→ **How to complete this task**:
From the entries that follow, reproduce exactly and only the lines from the line with "let at1 : find" to the line with "let (c1, found1, less)", endpoints included.

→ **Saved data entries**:
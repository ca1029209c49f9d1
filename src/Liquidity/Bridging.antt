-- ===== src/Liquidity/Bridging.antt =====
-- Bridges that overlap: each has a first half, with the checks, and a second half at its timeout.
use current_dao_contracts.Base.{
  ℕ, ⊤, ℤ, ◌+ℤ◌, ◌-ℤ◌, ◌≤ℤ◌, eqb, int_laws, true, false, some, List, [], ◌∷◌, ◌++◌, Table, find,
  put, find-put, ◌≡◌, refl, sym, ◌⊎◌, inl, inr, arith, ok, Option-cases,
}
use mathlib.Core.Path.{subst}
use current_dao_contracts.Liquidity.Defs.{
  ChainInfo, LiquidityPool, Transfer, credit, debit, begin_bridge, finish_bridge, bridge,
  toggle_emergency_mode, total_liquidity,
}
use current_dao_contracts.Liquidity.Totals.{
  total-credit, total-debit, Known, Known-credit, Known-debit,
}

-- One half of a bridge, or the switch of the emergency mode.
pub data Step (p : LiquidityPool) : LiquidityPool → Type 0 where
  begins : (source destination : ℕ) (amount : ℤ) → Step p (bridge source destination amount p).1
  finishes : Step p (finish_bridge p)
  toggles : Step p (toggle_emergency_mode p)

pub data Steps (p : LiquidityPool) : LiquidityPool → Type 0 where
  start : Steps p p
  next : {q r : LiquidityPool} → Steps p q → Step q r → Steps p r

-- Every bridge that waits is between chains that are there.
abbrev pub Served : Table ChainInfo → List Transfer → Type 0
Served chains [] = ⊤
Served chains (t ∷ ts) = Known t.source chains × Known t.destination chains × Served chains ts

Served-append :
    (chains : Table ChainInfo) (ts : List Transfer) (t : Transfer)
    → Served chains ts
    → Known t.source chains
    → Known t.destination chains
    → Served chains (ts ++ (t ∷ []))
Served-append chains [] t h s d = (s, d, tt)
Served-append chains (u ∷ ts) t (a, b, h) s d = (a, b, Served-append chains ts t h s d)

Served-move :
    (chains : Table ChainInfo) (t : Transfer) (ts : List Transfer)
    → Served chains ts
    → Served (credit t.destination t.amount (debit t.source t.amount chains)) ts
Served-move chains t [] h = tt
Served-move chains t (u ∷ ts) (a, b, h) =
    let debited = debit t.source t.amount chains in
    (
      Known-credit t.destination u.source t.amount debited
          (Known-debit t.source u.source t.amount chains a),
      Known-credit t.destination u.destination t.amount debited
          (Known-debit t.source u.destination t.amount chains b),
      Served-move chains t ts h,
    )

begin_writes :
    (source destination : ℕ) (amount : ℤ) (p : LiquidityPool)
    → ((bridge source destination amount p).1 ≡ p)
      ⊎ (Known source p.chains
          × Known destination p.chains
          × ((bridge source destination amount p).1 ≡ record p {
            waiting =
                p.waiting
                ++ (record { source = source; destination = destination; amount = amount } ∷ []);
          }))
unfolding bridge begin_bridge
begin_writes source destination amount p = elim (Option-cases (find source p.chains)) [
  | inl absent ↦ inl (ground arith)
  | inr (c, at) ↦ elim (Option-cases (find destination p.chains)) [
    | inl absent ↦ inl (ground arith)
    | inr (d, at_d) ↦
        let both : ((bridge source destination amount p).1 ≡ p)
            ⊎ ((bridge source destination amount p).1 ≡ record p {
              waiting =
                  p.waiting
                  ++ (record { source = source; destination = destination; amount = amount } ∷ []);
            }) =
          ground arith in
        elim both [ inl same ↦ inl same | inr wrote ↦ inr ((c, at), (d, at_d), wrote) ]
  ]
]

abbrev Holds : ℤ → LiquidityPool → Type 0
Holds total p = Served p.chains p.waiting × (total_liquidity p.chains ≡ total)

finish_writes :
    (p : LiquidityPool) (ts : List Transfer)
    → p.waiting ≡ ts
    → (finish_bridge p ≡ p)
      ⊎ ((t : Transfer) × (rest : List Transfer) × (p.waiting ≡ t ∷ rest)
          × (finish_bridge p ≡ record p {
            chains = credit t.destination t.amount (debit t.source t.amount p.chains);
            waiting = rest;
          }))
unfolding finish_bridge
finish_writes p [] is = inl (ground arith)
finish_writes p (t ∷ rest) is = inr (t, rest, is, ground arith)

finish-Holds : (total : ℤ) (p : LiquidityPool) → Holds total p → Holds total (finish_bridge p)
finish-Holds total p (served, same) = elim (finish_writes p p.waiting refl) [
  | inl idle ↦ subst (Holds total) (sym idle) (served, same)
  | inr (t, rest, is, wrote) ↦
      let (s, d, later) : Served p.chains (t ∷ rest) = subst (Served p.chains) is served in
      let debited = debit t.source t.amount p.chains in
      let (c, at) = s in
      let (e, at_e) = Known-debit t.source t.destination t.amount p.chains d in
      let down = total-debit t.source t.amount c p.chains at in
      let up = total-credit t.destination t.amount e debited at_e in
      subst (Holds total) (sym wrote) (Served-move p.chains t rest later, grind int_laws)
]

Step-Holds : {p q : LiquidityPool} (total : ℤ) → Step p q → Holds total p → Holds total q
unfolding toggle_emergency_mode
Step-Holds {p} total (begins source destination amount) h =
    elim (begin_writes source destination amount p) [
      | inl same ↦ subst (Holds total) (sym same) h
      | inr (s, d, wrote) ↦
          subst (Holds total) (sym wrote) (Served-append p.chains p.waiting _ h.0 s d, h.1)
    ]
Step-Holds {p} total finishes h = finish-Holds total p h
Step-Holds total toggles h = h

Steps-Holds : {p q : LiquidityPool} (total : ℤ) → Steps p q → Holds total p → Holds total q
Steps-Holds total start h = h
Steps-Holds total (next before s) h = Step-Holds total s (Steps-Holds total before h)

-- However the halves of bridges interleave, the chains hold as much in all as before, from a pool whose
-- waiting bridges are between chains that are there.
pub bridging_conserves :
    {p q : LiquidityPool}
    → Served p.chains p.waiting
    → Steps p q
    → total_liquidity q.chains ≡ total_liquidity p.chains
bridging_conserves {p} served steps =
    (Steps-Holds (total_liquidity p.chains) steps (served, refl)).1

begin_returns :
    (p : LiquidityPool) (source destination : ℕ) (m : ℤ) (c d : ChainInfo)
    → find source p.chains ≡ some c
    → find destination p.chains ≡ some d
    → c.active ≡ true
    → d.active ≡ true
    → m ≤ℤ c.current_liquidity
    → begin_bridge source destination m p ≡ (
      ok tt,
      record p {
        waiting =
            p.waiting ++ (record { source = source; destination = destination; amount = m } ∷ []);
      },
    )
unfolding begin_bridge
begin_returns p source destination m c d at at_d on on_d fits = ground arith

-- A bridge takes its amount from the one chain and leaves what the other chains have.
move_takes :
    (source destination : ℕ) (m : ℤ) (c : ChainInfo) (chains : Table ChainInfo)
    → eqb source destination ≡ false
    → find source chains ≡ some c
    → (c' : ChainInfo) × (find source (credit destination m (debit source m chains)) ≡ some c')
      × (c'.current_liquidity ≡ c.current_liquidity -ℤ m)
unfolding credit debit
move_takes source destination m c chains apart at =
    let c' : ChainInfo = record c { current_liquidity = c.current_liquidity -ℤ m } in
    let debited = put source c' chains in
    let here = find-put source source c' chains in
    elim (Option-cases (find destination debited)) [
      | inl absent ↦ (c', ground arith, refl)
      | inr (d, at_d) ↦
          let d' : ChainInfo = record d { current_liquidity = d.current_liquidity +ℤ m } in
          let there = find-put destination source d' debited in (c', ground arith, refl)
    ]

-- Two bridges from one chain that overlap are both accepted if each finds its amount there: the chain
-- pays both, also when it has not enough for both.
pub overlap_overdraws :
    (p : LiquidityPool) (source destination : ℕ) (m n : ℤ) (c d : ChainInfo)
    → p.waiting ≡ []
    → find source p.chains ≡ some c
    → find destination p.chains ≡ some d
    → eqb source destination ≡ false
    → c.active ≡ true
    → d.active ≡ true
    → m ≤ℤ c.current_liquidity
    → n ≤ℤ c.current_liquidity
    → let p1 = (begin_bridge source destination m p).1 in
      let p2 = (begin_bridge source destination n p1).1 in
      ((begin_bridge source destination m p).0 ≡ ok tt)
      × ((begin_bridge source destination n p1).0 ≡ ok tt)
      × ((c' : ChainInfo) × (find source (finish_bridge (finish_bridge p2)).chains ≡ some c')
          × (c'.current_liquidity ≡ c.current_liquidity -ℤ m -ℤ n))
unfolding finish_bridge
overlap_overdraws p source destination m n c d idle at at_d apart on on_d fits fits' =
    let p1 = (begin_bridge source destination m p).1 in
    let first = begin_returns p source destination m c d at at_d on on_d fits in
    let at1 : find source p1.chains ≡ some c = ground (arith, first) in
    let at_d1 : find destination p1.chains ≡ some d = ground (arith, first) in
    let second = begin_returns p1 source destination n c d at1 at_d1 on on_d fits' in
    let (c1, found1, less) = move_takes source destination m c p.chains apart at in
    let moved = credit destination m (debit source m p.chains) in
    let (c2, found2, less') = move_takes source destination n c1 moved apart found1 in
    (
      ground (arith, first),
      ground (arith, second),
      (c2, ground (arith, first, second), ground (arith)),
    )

→ **Exercise output**:
    let at1 : find source p1.chains ≡ some c = ground (arith, first) in
    let at_d1 : find destination p1.chains ≡ some d = ground (arith, first) in
    let second = begin_returns p1 source destination n c d at1 at_d1 on on_d fits' in
    let (c1, found1, less) = move_takes source destination m c p.chains apart at in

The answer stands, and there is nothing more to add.